● **REQUIRED WORK**: Every line from the beginning of the records below up to the one holding "inr new_id ↦" should be quoted exactly; leave out the rest.

── SUPPLIED ENTRIES

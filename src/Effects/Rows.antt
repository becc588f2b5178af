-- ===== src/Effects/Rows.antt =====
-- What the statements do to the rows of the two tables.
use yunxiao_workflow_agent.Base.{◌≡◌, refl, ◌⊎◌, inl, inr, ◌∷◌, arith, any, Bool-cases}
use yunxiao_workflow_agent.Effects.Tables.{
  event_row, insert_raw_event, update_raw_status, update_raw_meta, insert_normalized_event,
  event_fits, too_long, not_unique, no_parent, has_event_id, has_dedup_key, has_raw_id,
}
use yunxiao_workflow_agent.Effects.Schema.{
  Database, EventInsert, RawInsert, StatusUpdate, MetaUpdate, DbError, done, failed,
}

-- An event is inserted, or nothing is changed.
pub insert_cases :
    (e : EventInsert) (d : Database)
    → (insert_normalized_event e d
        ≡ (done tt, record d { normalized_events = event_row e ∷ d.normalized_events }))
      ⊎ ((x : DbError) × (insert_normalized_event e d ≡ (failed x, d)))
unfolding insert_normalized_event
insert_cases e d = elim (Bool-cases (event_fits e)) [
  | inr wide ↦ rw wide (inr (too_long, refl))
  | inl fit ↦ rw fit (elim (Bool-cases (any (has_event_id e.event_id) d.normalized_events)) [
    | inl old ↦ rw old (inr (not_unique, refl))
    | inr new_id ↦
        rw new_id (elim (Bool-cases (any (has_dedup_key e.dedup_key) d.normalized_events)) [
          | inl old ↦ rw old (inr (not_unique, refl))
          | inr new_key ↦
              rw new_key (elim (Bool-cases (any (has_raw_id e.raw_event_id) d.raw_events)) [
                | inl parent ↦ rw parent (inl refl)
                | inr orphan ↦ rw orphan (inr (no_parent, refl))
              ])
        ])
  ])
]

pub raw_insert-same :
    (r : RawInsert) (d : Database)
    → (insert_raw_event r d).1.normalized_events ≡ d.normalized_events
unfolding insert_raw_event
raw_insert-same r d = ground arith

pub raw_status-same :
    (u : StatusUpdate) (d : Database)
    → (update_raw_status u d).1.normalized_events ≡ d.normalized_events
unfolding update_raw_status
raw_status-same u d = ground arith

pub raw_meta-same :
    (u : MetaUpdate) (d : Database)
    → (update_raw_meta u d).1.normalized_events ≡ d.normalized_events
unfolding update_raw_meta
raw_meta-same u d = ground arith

────

● **REPLY TO THE EXERCISE**:
filename src/Effects/Rows.antt
repository becc588f2b5178af
-- ===== src/Effects/Rows.antt =====
-- What the statements do to the rows of the two tables.
use yunxiao_workflow_agent.Base.{◌≡◌, refl, ◌⊎◌, inl, inr, ◌∷◌, arith, any, Bool-cases}
use yunxiao_workflow_agent.Effects.Tables.{
  event_row, insert_raw_event, update_raw_status, update_raw_meta, insert_normalized_event,
  event_fits, too_long, not_unique, no_parent, has_event_id, has_dedup_key, has_raw_id,
}
use yunxiao_workflow_agent.Effects.Schema.{
  Database, EventInsert, RawInsert, StatusUpdate, MetaUpdate, DbError, done, failed,
}

-- An event is inserted, or nothing is changed.
pub insert_cases :
    (e : EventInsert) (d : Database)
    → (insert_normalized_event e d
        ≡ (done tt, record d { normalized_events = event_row e ∷ d.normalized_events }))
      ⊎ ((x : DbError) × (insert_normalized_event e d ≡ (failed x, d)))
unfolding insert_normalized_event
insert_cases e d = elim (Bool-cases (event_fits e)) [
  | inr wide ↦ rw wide (inr (too_long, refl))
  | inl fit ↦ rw fit (elim (Bool-cases (any (has_event_id e.event_id) d.normalized_events)) [
    | inl old ↦ rw old (inr (not_unique, refl))
    | inr new_id ↦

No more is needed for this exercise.